• **Directions**
Only lines containing the string "same" belong in the answer; copy all of them from the entries.

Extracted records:
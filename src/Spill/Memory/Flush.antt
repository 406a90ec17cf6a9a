-- ===== src/Spill/Memory/Flush.antt =====
-- The buffers and segments of the sink under its helpers.
use mathlib.Core.List.{Perm, append_assoc, perm_append_comm}
use mathlib.Core.List.Perm
use forge_ann.Prelude.{
  ℕ, ◌/◌, ◌≤◌, ◌<◌, ◌≡◌, ◌≢◌, refl, ap, ◌∙◌, subst, ◌==◌, Bool-cases, inl, inr, some, List, [], ◌∷◌,
  ◌++◌, length, All, All-imp, All-append, AreDistinct, arith,
}
use native.Mathlib.Nat.{le_refl, le_trans}
use forge_ann.Prelude.Sorting.{sort_by, All-sort_by, Ascends, sort_by-Ascends}
use forge_ann.Spill.{SpillRecord}
use forge_ann.Spill.Memory.{
  Buffers, by_src, buffer_of, extend_buffer, take_buffer, first_src, last_src, make_segment,
  shard_ids,
}
use forge_ann.Spill.Memory.Contents.{buffered, IsOfShard, IsBuffer, IsSegment}

-- Moving a block to the front.
pub perm_front {ℓ} : {A : Type ℓ} (xs ys zs : List A) → Perm (xs ++ (ys ++ zs)) (ys ++ (xs ++ zs))
perm_front xs ys zs =
    rw (← append_assoc xs ys zs, ← append_assoc ys xs zs)
      (Perm.append_right zs (perm_append_comm xs ys))

-- Buffers.
pub extend_buffer_lem :
    (sp shard : ℕ) (new : List SpillRecord) (buffers : Buffers)
    → All (IsOfShard sp shard) new
    → All (IsBuffer sp) buffers
    → All (IsBuffer sp) (extend_buffer shard new buffers)
      × Perm (buffered (extend_buffer shard new buffers)) (new ++ buffered buffers)
unfolding extend_buffer
extend_buffer_lem sp shard new [] n a = ((n, tt), Perm.refl (new ++ []))
extend_buffer_lem sp shard new ((t, rs) ∷ buffers) n (p, a) = elim (Bool-cases (t == shard)) [
  | inl same ↦
      let e : shard ≡ t = ground arith in
      let n' : All (IsOfShard sp t) new = All-imp (λ r q. q ∙ e) new n in
      rw same (
        (All-append (IsOfShard sp t) rs new p n', a),
        rw (append_assoc rs new (buffered buffers)) (perm_front rs new (buffered buffers)),
      )
  | inr other ↦
      let (b, q) = extend_buffer_lem sp shard new buffers n a in
      rw other ((p, b), Perm.trans (Perm.append_left rs q) (perm_front rs new (buffered buffers)))
]

extend_buffer-absent :
    (s shard : ℕ) (new : List SpillRecord) (buffers : Buffers)
    → shard ≢ s
    → All (λ t. t ≢ s) (shard_ids buffers)
    → All (λ t. t ≢ s) (shard_ids (extend_buffer shard new buffers))
unfolding extend_buffer
extend_buffer-absent s shard new [] d a = (d, tt)
extend_buffer-absent s shard new ((t, rs) ∷ buffers) d (p, a) = elim (Bool-cases (t == shard)) [
  | inl same ↦ rw same (p, a)
  | inr other ↦ rw other (p, extend_buffer-absent s shard new buffers d a)
]

pub extend_buffer-AreDistinct :
    (shard : ℕ) (new : List SpillRecord) (buffers : Buffers)
    → AreDistinct (shard_ids buffers)
    → AreDistinct (shard_ids (extend_buffer shard new buffers))
unfolding extend_buffer
extend_buffer-AreDistinct shard new [] d = (tt, tt)
extend_buffer-AreDistinct shard new ((t, rs) ∷ buffers) (l, d) = elim (Bool-cases (t == shard)) [
  | inl same ↦ rw same (l, d)
  | inr other ↦
      let ne : shard ≢ t = λ q. absurd (ground arith) in
      rw other (
        extend_buffer-absent t shard new buffers ne l,
        extend_buffer-AreDistinct shard new buffers d,
      )
]

pub shard_ids-take_buffer :
    (shard : ℕ) (buffers : Buffers) → shard_ids (take_buffer shard buffers) ≡ shard_ids buffers
unfolding take_buffer
shard_ids-take_buffer shard [] = refl
shard_ids-take_buffer shard ((t, rs) ∷ buffers) = elim (Bool-cases (t == shard)) [
  | inl same ↦ rw same refl
  | inr other ↦ rw other (ap (λ l. t ∷ l) (shard_ids-take_buffer shard buffers))
]

pub take_buffer_lem :
    (sp shard : ℕ) (buffers : Buffers) {rs : List SpillRecord}
    → buffer_of shard buffers ≡ some rs
    → All (IsBuffer sp) buffers
    → All (IsOfShard sp shard) rs
      × All (IsBuffer sp) (take_buffer shard buffers)
      × Perm (buffered buffers) (rs ++ buffered (take_buffer shard buffers))
unfolding buffer_of take_buffer
take_buffer_lem sp shard [] e a = cc
take_buffer_lem sp shard ((t, b) ∷ buffers) {rs} e (p, a) = elim (Bool-cases (t == shard)) [
  | inl same ↦
      let q : t ≡ shard = ground arith in
      let r : b ≡ rs = ground arith in
      rw same (
        subst (All (IsOfShard sp shard)) r (subst (λ s. All (IsOfShard sp s) b) q p),
        (tt, a),
        subst (λ l. Perm (b ++ buffered buffers) (l ++ buffered buffers)) r
            (Perm.refl (b ++ buffered buffers)),
      )
  | inr other ↦
      let e' : buffer_of shard buffers ≡ some rs = ground arith in
      let (m, c, q) = take_buffer_lem sp shard buffers e' a in
      rw other (
        m,
        (p, c),
        Perm.trans (Perm.append_left b q) (perm_front b rs (buffered (take_buffer shard buffers))),
      )
]

-- Segments.
bounds_lem :
    (lo : ℕ) (records : List SpillRecord)
    → Ascends (λ r. r.src) lo records
    → All (λ r. (first_src records ≤ r.src) × (r.src ≤ last_src records)) records
unfolding first_src last_src
bounds_lem lo [] a = tt
bounds_lem lo (r ∷ []) a = ((le_refl r.src, le_refl r.src), tt)
bounds_lem lo (r ∷ s ∷ rs) (h, (k, a)) =
    let ((m, n), more) = bounds_lem r.src (s ∷ rs) (k, a) in
    ((le_refl r.src, le_trans k n), ((k, n), All-imp (λ t (b, c). (le_trans k b, c)) rs more))

pub ends_lem :
    (P : ℕ → Type 0) (records : List SpillRecord)
    → 0 < length records
    → All (λ r. P r.src) records
    → P (first_src records) × P (last_src records)
unfolding first_src last_src
ends_lem P [] h a = absurd (omega arith)
ends_lem P (r ∷ []) h (p, a) = (p, p)
ends_lem P (r ∷ s ∷ rs) h (p, a) = (p, (ends_lem P (s ∷ rs) (omega arith) a).1)

pub make_segment-IsSegment :
    (sp shard : ℕ) (buffer : List SpillRecord)
    → 0 < length (sort_by by_src buffer)
    → All (IsOfShard sp shard) buffer
    → IsSegment sp (make_segment shard buffer)
unfolding make_segment
make_segment-IsSegment sp shard buffer h a =
    let records = sort_by by_src buffer in
    let same = All-sort_by by_src (IsOfShard sp shard) buffer a in
    let (f, l) = ends_lem (λ s. s / sp ≡ shard) records h same in
    let up =
      sort_by-Ascends by_src (λ r. r.src) (λ x y e. ground arith) (λ x y e. ground arith) buffer in
    record {
      filled = h;
      first = refl;
      last = refl;
      apart = same;
      least = bounds_lem 0 records up;
      min_in = f;
      max_in = l;
    }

• **Response**
  | inl same ↦
      rw same (
  | inl same ↦ rw same (p, a)
  | inl same ↦ rw same (l, d)
  | inl same ↦ rw same refl
  | inl same ↦
      rw same (
    let same = All-sort_by by_src (IsOfShard sp shard) buffer a in
    let (f, l) = ends_lem (λ s. s / sp ≡ shard) records h same in
      apart = same;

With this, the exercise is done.